Among shell deformations, the amount of severity ranged from asymmetric shell margins (minor degree) to incomplete shells (medium degree) to fully incomplete shells (high degree). Among the shell distortions, convex hinges (found only at the D-veliger stage) or convex shell margins (minor degree) and distorted shell margins (medium degree) were observed. The fissures observed included those on the shell (minor degree) and indented shell margins (medium degree). This study revealed that at 9 and 13 days after exposure, shell deformations were the most frequently observed type resulting from seawater acidification (Fig. 4). These morphological abnormalities might arise from the inability of the larvae to produce sufficient calcium carbonate, which is crucial in the development of shells, or they could be the results of dissolution of the shell caused by corrosion from seawater (Barros et al., 2013). One possible reason for such a significant increase in shell deformations in larvae exposed to elevated pCO₂ might be the disproportional production of calcium carbonate.

There is no clear evidence of elevated pCO₂ -related mortalities of bivalves in natural habitats, even under extremely high pCO₂ conditions that exceed the worst future scenarios for ocean acidification (Tunnicliffe et al., 2009). However, the negative effects of elevated pCO₂ on the larvae of M. veneriformis could have major consequences for the adult clams at the population level. Impairment of growth and increased abnormality rates of larvae will reduce the biomass of individuals reaching the next developmental stages, and these abnormalities might also affect the swimming capability of the larvae and thus decrease their fitness (Kurihara et al., 2008).
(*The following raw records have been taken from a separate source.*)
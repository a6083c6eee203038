-- ===== src/Stamping/Again.antt =====
-- src/obsidian_git_sync/stamping.py: a note that has just been stamped, judged again.
use obsidian_git_sync_mcp.Common.{
  ℕ, ◌≡◌, Bool, false, Option, some, ◌∷◌, if◌then◌else◌, Run, returned, ◌/◌, ◌≤◌, ◌>>=◌, ◌>>◌, pure,
}
use obsidian_git_sync_mcp.Text.{Text, codes}
use obsidian_git_sync_mcp.Numeral.{pos, second}
use obsidian_git_sync_mcp.FilePath.{FilePath}
use obsidian_git_sync_mcp.Host.{Env, Trace, looked, got, answer, Io}
use obsidian_git_sync_mcp.Stamping.{
  split_frontmatter, unquote, gate_closed, write_stamp, load_frontmatter, modified_epoch,
  stamp_note, is_note,
}
use obsidian_git_sync_mcp.Stamping.Writes.{writes}

-- What ruamel printed for a document stamped with `ts`, unquoted, it reads as a mapping whose
-- `modified` is the epoch of `ts`.
abbrev pub ReadsBack : Env → Text → ℕ → Type 0
ReadsBack env ts epoch =
    (before after : env.Doc) (out : Text)
    → env.yaml_set before (codes "modified") ts ≡ got after
    → env.yaml_dump after ≡ got out
    → (doc : env.Doc) × ((raw : Text) × ((env.yaml_load (unquote out) ≡ got (some doc))
          × ((env.yaml_get doc (codes "modified") ≡ got (some raw))
              × (env.strptime raw ≡ some (pos epoch)))))

module _ (env : Env) (path : FilePath) (v : Trace) where
  module _ (doc : env.Doc) (fm body raw new : Text) (m e : ℕ)
      (split : split_frontmatter new ≡ (some fm, body)) (load : env.yaml_load fm ≡ got (some doc))
      (get : env.yaml_get doc (codes "modified") ≡ got (some raw))
      (parse : env.strptime raw ≡ some (pos e))
      (read : env.read_text (looked path ∷ v) path ≡ got new)
      (mtime : env.mtime (looked path ∷ looked path ∷ v) path ≡ got m) (le : m / second ≤ e) where
    -- The note's two parts, judged.
    judge : Option Text × Text → Io Bool
    judge (f, rest) = do
      d ← load_frontmatter env f
      at ← (λ t. answer (env.mtime t path) (looked path ∷ t))
      modified ← modified_epoch env d
      if gate_closed env at modified then pure false else write_stamp env path new d rest

    judged : Io Bool
    judged = do note ← is_note env path; if note then stamp_note env path else pure false

    Left : Run Trace Bool → Type 0
    Left r = (w : Trace) × ((r ≡ returned false w) × (writes w ≡ writes v))

-- The text's frontmatter is the print of a document that was stamped with `ts`.
abbrev pub HasStamp : (env : Env) → Text → Text → Text → Type 0
HasStamp env ts body new =
    (before after : env.Doc) × ((out : Text) × ((env.yaml_set before (codes "modified") ts
          ≡ got after)
        × ((env.yaml_dump after ≡ got out) × (split_frontmatter new ≡ (some (unquote out), body)))))
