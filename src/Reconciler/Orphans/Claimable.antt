-- ===== src/Reconciler/Orphans/Claimable.antt =====
-- What the sweep enqueues, a worker can claim
-- (src/modules/reconciler/db/orphan-chunk-repository.ts).
use promotion_management_api.Base.{
  ℕ, ◌≤◌, ◌≡◌, refl, ap, inl, inr, Bool, true, false, ◌&&◌, Option, none, some, arith, Option-cases,
}
use promotion_management_api.Base.Rows.{first_match, In, first_match-none, first_match-some}
use promotion_management_api.Base.Members.{In-map_cases, In-take, In-filterb_cases, In-sort_by}
use promotion_management_api.Ingestion.Repository.Tables.{Chunk, Store}
use promotion_management_api.Ingestion.Repository.Chunks.{
  of_key, lease_is_over, is_claimable, claimed, claim_chunk,
}
use promotion_management_api.Reconciler.Orphans.{
  OrphanChunk, limit, is_expired, is_free, is_orphan, is_before, orphan_of, orphaned,
}

expired-lease_is_over :
    (grace_ms now at : ℕ) (lease : Option ℕ)
    → now ≤ at
    → is_expired grace_ms now lease ≡ true
    → lease_is_over at lease ≡ true
unfolding lease_is_over
expired-lease_is_over grace_ms now at none le h = refl
expired-lease_is_over grace_ms now at (some lease) le h = ground arith

orphan-is_claimable :
    (touched : ℕ → ℕ) (grace_ms now at : ℕ) (store : Store) (c : Chunk)
    → now ≤ at
    → is_orphan touched grace_ms now store c ≡ true
    → is_claimable at c ≡ true
unfolding is_orphan is_free is_claimable
orphan-is_claimable touched grace_ms now at store c le h =
    ground (arith, expired-lease_is_over grace_ms now at c.lease_until le)

-- A claim of a chunk that the sweep found succeeds, at that instant or any later one, while the
-- tables have not changed.
pub orphaned-claim_chunk :
    (touched : ℕ → ℕ) (grace_ms now at lease_ms : ℕ) (store : Store) (o : OrphanChunk)
    → now ≤ at
    → In o (orphaned touched grace_ms now store)
    → (c : Chunk) × (c.job_id ≡ o.job_id)
      × (c.chunk_index ≡ o.chunk_index)
      × ((claim_chunk o.job_id o.chunk_index lease_ms at store).1 ≡ some c)
unfolding orphaned claim_chunk
orphaned-claim_chunk touched grace_ms now at lease_ms store o le m =
    let matches : Chunk → Bool = λ c. of_key o.job_id o.chunk_index c && is_claimable at c in
    let (d, i, e) = In-map_cases orphan_of _ m in
    let (k, orphan) =
      In-filterb_cases (is_orphan touched grace_ms now store) store.chunks
        ((In-sort_by is_before _).0 (In-take limit _ i)) in
    let free = orphan-is_claimable touched grace_ms now at store d le orphan in
    let job : o.job_id ≡ d.job_id = ap (λ (p : OrphanChunk). p.job_id) e in
    let index : o.chunk_index ≡ d.chunk_index = ap (λ (p : OrphanChunk). p.chunk_index) e in
    elim (Option-cases (first_match matches store.chunks)) [
      | inl h ↦
          absurd
            (missed (first_match-none matches store.chunks h k) (of_key_same o d job index) free)
      | inr (c, h) ↦
          let keyed = (first_match-some matches store.chunks h).1 in
          rw h (claimed at lease_ms c, job_of o c at keyed, index_of o c at keyed, refl)
    ]
  where
    missed : {a b : Bool} → (a && b) ≡ false → a ≡ true → b ≡ true → ⊥
    missed h p q = ground arith

    of_key_same :
        (o : OrphanChunk) (d : Chunk)
        → o.job_id ≡ d.job_id
        → o.chunk_index ≡ d.chunk_index
        → of_key o.job_id o.chunk_index d ≡ true
    of_key_same o d job index = ground arith

    job_of :
        (o : OrphanChunk) (c : Chunk) (at : ℕ)
        → (of_key o.job_id o.chunk_index c && is_claimable at c) ≡ true
        → c.job_id ≡ o.job_id
    job_of o c at h = ground arith

    index_of :
        (o : OrphanChunk) (c : Chunk) (at : ℕ)
        → (of_key o.job_id o.chunk_index c && is_claimable at c) ≡ true
        → c.chunk_index ≡ o.chunk_index
    index_of o c at h = ground arith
Also, weakened shells could impair functionality, increasing the vulnerability of the bivalves to predators, physical damage, and parasites, which may reduce survival rates in natural habitats and in aquaculture (Cooley et al., 2012). Even under natural conditions, larval mortality of benthic invertebrates is already extremely high (Gosselin and Qian, 1997). If these abnormalities affect viability during critical stages of development from exposure to elevated pCO₂, reduced numbers might also be seen in the adult stages. Thus, ocean acidification will place an additional burden on the larval health of the venerid clam M. veneriformis by impairing development in the early life stages.